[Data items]
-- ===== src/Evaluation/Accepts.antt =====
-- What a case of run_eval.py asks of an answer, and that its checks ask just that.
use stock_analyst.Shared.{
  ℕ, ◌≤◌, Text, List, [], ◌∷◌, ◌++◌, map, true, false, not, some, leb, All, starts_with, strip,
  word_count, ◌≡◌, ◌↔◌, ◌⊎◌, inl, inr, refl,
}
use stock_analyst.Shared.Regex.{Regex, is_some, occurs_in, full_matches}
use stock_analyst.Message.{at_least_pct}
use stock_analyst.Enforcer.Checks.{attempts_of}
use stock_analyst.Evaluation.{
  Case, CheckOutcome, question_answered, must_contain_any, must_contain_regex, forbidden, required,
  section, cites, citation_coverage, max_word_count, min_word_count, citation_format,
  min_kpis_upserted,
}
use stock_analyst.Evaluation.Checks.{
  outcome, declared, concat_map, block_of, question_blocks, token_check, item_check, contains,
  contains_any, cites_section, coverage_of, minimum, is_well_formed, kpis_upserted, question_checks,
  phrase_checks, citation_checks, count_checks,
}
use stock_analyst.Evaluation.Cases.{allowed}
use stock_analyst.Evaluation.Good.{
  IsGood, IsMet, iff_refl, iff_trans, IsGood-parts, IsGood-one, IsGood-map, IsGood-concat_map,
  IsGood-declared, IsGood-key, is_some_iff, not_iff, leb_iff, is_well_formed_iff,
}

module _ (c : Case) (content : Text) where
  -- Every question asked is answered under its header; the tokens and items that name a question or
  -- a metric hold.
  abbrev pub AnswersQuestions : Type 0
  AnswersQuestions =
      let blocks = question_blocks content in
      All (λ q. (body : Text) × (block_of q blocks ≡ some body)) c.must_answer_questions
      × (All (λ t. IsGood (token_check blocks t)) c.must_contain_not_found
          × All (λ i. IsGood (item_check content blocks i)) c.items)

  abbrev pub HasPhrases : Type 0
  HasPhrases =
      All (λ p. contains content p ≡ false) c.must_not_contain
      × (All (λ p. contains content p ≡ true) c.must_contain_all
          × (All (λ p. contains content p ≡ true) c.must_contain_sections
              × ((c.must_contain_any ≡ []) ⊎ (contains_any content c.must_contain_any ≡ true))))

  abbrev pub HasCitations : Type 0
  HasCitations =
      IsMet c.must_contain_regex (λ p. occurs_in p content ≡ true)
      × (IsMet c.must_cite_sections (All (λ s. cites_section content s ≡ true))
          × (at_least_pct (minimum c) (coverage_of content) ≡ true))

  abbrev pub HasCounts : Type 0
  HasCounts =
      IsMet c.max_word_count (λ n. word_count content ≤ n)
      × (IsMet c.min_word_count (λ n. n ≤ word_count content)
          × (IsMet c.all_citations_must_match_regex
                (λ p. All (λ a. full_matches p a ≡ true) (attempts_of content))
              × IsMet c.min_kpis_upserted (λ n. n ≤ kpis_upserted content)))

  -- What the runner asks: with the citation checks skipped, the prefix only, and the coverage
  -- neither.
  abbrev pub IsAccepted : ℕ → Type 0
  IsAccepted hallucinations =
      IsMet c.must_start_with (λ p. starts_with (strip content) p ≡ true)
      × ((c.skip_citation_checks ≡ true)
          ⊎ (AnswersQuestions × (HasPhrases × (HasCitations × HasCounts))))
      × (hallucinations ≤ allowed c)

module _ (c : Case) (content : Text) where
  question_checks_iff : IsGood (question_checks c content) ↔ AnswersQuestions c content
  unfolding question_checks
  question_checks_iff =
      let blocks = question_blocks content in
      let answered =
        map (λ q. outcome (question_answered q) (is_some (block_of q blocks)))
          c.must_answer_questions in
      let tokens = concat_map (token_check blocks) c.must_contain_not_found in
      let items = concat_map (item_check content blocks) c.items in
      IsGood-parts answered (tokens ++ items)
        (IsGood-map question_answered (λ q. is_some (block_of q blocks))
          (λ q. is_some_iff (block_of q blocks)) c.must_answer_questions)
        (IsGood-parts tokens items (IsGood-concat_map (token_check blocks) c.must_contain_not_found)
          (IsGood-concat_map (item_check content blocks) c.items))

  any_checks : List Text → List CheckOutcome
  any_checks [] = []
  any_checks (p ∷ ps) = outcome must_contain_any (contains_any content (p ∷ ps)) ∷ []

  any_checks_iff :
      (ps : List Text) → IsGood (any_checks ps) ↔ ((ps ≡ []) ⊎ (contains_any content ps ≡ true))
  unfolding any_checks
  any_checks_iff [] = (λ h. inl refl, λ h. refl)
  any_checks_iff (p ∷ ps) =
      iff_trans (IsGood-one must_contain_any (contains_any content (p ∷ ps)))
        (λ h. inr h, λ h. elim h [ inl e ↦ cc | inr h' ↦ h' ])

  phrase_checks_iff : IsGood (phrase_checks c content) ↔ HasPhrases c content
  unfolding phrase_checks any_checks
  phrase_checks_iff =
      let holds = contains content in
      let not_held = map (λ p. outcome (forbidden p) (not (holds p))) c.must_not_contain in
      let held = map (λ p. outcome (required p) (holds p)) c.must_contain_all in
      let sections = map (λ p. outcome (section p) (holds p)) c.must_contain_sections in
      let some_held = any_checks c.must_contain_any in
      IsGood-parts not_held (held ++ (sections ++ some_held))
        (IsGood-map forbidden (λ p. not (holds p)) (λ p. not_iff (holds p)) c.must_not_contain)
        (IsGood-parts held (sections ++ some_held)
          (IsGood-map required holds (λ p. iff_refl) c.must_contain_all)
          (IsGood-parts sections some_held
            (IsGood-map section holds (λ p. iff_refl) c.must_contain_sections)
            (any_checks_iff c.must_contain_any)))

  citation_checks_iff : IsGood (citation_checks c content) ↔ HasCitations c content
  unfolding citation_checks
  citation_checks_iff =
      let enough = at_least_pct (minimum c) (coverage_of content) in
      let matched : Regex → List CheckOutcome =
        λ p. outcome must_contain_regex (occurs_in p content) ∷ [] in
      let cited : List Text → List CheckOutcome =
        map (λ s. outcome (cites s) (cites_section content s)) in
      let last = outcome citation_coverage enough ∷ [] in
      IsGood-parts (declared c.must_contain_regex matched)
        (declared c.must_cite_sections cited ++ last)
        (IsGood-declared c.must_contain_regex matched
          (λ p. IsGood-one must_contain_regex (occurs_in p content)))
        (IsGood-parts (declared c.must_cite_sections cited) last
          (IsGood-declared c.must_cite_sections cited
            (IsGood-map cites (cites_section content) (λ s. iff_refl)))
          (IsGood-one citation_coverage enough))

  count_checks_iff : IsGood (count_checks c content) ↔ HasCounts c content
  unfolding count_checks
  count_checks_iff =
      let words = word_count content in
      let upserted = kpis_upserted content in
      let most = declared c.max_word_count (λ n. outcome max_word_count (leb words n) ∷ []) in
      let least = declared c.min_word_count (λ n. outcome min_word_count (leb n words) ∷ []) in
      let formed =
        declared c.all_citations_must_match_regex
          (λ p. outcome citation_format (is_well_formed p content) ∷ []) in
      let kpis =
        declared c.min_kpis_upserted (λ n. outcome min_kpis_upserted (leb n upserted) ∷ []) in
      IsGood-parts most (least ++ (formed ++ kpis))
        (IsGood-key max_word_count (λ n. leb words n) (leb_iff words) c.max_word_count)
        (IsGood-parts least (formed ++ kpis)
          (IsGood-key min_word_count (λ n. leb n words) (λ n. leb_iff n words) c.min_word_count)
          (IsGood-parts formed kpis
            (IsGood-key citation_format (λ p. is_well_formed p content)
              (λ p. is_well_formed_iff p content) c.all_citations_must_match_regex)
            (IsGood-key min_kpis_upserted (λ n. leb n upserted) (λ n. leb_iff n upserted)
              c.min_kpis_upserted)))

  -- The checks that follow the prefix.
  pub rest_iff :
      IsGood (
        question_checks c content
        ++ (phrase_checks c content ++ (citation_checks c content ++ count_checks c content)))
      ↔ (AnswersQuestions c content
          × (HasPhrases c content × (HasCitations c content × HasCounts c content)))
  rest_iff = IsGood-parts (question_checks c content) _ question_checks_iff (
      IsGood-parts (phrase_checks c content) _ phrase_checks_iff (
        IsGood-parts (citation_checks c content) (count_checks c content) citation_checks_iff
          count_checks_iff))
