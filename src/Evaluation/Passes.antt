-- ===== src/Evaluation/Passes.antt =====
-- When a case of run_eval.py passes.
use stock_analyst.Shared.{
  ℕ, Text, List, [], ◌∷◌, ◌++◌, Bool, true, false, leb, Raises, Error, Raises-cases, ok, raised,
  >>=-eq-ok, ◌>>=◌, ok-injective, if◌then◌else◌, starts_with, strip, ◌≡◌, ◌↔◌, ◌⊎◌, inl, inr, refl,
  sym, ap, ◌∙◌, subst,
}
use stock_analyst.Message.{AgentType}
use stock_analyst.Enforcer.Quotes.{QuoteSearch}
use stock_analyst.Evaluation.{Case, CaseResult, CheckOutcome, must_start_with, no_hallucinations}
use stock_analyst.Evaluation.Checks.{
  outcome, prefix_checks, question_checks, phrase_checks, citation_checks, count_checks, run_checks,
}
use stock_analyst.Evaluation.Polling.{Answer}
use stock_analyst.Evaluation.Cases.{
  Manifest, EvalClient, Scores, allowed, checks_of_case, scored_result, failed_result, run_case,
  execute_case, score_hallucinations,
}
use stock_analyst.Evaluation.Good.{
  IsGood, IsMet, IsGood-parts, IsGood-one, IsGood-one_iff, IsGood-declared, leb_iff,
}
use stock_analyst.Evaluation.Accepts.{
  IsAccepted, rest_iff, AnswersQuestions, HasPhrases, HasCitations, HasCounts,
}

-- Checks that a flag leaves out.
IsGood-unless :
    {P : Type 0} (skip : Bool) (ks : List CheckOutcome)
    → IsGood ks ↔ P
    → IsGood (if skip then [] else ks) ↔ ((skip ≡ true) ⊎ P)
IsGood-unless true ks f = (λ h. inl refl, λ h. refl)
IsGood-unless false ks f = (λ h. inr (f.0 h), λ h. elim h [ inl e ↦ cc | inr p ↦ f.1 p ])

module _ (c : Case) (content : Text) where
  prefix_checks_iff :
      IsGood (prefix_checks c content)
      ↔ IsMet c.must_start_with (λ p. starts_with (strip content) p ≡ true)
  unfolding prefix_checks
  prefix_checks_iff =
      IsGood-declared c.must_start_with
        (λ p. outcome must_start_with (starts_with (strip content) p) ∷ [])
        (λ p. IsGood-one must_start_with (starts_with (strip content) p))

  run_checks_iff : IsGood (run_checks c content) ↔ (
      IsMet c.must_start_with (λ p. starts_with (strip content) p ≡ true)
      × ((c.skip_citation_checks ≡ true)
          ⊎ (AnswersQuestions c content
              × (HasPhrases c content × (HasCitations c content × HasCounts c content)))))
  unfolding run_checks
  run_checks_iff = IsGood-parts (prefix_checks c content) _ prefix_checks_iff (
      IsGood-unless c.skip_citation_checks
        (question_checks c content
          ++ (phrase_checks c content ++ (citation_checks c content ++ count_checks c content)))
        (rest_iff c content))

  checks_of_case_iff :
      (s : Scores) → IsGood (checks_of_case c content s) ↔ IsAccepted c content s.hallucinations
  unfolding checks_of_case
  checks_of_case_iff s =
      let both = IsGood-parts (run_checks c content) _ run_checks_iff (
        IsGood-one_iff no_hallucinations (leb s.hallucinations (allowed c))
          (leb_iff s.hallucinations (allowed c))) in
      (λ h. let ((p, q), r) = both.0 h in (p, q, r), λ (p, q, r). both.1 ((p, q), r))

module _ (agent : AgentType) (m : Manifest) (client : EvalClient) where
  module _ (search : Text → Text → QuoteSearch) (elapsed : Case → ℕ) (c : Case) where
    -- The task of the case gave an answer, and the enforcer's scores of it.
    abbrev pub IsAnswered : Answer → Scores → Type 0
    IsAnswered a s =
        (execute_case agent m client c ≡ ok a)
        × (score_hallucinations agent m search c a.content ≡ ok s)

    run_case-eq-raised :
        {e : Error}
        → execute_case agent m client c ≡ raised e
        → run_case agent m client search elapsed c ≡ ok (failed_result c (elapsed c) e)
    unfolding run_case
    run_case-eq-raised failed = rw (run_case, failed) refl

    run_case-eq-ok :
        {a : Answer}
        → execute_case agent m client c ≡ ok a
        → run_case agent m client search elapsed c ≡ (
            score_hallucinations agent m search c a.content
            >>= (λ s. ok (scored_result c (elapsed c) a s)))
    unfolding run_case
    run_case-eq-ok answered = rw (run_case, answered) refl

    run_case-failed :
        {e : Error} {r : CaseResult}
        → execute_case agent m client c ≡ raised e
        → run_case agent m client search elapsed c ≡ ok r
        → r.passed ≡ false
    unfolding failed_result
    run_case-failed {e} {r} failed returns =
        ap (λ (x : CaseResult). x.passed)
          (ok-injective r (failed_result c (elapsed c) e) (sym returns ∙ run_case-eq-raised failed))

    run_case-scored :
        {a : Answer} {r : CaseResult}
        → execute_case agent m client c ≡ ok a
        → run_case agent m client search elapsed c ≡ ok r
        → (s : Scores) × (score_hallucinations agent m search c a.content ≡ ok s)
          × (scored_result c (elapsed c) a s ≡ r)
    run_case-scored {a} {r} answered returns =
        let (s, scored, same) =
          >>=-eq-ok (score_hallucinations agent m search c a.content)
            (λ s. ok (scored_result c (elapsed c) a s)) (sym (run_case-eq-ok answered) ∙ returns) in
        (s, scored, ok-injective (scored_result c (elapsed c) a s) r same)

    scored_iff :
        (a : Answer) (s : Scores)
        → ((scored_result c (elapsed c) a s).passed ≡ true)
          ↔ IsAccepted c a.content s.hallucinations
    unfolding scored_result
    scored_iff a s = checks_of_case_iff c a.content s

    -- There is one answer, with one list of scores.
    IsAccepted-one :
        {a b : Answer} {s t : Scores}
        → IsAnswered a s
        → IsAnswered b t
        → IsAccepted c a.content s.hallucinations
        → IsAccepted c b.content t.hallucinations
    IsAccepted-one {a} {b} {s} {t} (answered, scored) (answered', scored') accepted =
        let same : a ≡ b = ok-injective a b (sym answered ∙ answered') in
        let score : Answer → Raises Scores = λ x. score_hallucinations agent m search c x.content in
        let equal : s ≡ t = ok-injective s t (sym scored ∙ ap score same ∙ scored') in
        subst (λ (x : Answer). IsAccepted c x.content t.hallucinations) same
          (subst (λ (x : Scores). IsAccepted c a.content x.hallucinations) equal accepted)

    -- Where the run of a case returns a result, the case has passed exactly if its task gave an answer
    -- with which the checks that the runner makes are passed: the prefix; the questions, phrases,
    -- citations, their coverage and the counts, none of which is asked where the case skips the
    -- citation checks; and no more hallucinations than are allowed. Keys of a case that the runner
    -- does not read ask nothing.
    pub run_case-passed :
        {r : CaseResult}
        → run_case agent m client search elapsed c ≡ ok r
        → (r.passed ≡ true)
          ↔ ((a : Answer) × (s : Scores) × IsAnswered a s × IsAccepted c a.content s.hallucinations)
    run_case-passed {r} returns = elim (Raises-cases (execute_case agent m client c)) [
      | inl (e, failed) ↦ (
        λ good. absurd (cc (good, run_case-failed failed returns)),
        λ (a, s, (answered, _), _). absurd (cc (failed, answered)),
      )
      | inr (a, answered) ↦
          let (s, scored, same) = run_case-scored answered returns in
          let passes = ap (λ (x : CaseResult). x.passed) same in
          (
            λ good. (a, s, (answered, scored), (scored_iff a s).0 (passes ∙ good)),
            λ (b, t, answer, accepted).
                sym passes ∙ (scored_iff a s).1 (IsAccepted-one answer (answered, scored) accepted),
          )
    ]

Your task
Wherever the string "IsMet" occurs in the records above, copy that line.

Task output
  IsGood, IsMet, iff_refl, iff_trans, IsGood-parts, IsGood-one, IsGood-map, IsGood-concat_map,
      IsMet c.must_contain_regex (λ p. occurs_in p content ≡ true)
      × (IsMet c.must_cite_sections (All (λ s. cites_section content s ≡ true))
      IsMet c.max_word_count (λ n. word_count content ≤ n)
      × (IsMet c.min_word_count (λ n. n ≤ word_count content)
          × (IsMet c.all_citations_must_match_regex
              × IsMet c.min_kpis_upserted (λ n. n ≤ kpis_upserted content)))
      IsMet c.must_start_with (λ p. starts_with (strip content) p ≡ true)
  IsGood, IsMet, IsGood-parts, IsGood-one, IsGood-one_iff, IsGood-declared, leb_iff,
      ↔ IsMet c.must_start_with (λ p. starts_with (strip content) p ≡ true)
      IsMet c.must_start_with (λ p. starts_with (strip content) p ≡ true)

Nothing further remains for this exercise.